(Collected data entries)
______

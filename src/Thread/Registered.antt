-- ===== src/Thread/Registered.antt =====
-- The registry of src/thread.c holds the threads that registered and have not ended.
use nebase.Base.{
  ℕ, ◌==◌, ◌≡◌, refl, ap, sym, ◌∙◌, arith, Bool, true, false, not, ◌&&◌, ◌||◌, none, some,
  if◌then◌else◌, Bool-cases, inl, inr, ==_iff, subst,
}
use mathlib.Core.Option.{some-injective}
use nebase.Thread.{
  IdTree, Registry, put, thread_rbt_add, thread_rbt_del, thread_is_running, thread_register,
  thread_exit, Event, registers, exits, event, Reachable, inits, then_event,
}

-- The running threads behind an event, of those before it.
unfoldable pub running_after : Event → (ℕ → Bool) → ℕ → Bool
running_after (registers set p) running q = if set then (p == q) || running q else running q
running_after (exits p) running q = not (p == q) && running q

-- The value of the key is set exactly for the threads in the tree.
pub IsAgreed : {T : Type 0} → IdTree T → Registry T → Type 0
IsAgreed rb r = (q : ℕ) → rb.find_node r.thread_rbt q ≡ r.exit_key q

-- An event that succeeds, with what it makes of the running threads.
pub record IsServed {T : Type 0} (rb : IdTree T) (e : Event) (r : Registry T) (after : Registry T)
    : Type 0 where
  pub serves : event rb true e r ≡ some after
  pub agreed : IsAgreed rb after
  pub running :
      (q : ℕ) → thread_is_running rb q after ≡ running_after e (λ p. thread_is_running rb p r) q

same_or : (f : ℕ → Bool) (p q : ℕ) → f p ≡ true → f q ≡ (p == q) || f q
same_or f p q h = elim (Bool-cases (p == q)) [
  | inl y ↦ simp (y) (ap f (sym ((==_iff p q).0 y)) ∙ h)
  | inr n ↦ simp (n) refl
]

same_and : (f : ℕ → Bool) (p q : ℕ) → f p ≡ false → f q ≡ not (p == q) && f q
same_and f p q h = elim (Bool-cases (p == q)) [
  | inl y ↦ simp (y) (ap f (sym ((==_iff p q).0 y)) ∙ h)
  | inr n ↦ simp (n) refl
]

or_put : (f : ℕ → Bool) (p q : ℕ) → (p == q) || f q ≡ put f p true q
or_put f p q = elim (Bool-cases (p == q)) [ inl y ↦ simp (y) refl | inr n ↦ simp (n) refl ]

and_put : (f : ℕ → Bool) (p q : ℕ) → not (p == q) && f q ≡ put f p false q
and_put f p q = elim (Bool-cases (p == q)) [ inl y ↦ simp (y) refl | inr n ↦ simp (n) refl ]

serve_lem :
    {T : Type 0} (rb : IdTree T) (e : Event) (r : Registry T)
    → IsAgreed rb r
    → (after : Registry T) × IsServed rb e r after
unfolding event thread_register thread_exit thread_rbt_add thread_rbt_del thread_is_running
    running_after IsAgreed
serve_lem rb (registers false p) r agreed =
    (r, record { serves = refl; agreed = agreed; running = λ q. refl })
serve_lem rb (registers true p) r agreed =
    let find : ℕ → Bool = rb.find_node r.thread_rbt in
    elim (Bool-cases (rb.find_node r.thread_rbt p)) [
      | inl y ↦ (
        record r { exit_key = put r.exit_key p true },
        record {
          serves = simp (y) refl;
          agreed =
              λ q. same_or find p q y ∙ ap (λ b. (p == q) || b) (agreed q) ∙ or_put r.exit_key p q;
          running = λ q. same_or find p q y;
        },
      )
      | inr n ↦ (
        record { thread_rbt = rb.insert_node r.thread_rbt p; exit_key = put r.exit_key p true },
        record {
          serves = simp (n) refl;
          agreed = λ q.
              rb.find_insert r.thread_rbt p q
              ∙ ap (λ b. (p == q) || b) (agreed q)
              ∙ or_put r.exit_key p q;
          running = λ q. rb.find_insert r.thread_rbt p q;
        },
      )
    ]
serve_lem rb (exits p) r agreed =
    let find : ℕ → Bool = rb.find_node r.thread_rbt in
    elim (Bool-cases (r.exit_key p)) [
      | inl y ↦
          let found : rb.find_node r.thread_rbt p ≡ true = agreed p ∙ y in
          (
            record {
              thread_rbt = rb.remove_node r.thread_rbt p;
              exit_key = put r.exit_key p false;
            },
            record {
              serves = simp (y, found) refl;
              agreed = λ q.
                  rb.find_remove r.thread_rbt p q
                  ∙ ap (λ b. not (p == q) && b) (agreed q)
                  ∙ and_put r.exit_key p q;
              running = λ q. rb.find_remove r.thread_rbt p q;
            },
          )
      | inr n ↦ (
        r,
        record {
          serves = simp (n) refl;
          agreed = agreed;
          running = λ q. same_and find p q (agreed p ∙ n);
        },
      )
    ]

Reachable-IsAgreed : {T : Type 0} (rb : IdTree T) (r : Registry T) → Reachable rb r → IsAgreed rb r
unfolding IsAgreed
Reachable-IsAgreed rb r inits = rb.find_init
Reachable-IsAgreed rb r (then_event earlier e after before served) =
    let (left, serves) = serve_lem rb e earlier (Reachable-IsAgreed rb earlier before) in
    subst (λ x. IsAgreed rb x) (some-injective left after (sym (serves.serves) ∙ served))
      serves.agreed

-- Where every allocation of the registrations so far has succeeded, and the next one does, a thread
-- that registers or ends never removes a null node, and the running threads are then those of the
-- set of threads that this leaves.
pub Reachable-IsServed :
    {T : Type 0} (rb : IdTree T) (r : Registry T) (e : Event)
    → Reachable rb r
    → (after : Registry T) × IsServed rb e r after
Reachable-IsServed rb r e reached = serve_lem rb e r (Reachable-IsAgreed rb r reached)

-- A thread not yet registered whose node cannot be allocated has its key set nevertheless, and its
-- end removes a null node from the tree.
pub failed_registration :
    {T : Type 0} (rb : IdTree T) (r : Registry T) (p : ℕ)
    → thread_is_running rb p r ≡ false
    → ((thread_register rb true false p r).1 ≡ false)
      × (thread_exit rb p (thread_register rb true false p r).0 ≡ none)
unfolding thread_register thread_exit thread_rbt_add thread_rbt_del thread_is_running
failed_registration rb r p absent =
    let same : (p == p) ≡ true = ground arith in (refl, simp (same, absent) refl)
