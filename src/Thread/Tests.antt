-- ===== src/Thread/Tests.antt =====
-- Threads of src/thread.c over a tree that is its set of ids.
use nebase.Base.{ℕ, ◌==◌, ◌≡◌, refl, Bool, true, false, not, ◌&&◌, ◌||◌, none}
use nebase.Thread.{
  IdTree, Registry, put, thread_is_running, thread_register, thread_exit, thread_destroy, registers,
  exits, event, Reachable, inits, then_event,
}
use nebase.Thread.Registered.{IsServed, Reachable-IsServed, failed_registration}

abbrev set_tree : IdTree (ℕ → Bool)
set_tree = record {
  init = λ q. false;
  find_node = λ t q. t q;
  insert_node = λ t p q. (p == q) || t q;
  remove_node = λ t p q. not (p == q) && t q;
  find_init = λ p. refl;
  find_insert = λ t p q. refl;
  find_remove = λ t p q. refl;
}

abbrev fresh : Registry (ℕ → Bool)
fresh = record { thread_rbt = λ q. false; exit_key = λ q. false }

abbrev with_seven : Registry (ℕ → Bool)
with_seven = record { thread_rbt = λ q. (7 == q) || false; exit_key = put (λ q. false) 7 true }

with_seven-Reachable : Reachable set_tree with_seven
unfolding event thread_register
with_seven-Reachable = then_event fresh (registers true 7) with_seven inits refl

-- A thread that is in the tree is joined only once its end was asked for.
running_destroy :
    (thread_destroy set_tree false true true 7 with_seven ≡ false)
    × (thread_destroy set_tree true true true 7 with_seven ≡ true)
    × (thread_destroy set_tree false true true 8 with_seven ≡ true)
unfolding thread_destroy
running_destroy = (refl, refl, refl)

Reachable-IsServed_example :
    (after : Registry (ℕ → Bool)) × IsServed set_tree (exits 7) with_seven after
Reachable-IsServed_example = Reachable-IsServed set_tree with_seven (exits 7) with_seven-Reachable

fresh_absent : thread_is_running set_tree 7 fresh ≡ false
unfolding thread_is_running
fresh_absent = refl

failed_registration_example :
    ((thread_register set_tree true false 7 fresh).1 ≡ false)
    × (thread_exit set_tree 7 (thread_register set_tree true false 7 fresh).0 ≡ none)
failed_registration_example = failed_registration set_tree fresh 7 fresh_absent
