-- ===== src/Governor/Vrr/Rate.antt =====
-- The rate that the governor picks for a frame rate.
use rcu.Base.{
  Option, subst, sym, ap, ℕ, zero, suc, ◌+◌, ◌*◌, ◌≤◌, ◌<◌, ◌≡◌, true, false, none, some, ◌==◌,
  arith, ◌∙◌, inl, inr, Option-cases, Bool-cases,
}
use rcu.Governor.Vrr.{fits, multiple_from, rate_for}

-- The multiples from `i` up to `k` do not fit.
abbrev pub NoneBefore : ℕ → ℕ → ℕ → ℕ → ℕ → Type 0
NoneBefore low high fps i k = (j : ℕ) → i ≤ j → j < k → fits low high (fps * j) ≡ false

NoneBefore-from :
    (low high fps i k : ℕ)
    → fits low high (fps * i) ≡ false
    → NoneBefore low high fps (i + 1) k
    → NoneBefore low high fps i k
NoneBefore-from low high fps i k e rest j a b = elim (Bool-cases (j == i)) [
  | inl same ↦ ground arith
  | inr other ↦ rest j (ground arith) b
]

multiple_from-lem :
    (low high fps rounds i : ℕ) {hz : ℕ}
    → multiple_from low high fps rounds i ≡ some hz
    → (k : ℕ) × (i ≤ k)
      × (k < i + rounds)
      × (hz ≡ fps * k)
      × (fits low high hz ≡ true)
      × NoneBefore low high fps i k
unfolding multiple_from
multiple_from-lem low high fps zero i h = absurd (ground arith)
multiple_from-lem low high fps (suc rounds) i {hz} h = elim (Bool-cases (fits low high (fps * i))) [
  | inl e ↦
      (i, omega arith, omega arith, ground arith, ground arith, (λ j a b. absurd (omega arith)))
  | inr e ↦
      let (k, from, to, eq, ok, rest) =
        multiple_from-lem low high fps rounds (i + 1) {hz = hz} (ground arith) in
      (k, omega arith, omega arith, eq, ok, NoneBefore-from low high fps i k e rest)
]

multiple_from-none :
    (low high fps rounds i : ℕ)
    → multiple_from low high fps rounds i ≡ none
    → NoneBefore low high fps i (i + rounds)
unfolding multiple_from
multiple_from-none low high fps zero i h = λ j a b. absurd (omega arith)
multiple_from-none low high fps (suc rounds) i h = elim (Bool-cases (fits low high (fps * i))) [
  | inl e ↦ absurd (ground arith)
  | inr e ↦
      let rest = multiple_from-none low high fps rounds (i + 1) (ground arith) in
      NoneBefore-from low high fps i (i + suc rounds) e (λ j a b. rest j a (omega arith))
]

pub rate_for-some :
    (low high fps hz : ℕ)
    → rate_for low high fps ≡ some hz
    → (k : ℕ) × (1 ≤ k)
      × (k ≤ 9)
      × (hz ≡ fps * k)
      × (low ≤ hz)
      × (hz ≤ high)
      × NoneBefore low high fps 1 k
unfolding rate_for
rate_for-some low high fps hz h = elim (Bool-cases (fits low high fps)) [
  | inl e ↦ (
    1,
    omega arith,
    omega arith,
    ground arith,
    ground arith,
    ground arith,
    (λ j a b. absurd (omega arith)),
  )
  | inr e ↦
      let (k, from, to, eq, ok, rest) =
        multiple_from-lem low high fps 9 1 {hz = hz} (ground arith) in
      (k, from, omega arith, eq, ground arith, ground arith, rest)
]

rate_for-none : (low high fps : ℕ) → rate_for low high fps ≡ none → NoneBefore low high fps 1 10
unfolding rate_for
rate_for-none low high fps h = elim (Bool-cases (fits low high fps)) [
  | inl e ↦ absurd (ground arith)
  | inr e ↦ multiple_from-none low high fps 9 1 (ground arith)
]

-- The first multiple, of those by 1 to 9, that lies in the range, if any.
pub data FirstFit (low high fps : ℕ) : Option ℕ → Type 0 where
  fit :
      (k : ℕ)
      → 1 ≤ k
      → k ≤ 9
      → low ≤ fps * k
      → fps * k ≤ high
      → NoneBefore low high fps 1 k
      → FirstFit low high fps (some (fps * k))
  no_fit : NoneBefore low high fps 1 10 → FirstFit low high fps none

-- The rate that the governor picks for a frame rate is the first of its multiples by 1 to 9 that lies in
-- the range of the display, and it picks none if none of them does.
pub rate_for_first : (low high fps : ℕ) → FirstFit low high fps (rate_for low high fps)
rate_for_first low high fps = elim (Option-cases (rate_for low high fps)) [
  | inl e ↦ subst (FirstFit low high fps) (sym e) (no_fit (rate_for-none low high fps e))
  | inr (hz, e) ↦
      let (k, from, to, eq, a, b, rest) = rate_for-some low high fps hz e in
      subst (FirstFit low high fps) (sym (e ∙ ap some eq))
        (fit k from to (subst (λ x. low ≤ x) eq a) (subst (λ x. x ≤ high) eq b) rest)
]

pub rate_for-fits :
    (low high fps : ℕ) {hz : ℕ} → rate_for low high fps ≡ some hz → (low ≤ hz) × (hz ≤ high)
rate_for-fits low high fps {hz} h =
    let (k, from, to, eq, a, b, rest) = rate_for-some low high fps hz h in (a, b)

______

Your instructions: Using the records above, copy word for word the line with "failed_registration rb r", the line with "with_seven-Reachable : Reachable", and every line between them.

Response:
failed_registration rb r p absent =
    let same : (p == p) ≡ true = ground arith in (refl, simp (same, absent) refl)
filename src/Thread/Tests.antt
-- ===== src/Thread/Tests.antt =====
-- Threads of src/thread.c over a tree that is its set of ids.
use nebase.Base.{ℕ, ◌==◌, ◌≡◌, refl, Bool, true, false, not, ◌&&◌, ◌||◌, none}
use nebase.Thread.{
  IdTree, Registry, put, thread_is_running, thread_register, thread_exit, thread_destroy, registers,
  exits, event, Reachable, inits, then_event,
}
use nebase.Thread.Registered.{IsServed, Reachable-IsServed, failed_registration}

abbrev set_tree : IdTree (ℕ → Bool)
set_tree = record {
  init = λ q. false;
  find_node = λ t q. t q;
  insert_node = λ t p q. (p == q) || t q;
  remove_node = λ t p q. not (p == q) && t q;
  find_init = λ p. refl;
  find_insert = λ t p q. refl;
  find_remove = λ t p q. refl;
}

abbrev fresh : Registry (ℕ → Bool)
fresh = record { thread_rbt = λ q. false; exit_key = λ q. false }

abbrev with_seven : Registry (ℕ → Bool)
with_seven = record { thread_rbt = λ q. (7 == q) || false; exit_key = put (λ q. false) 7 true }

with_seven-Reachable : Reachable set_tree with_seven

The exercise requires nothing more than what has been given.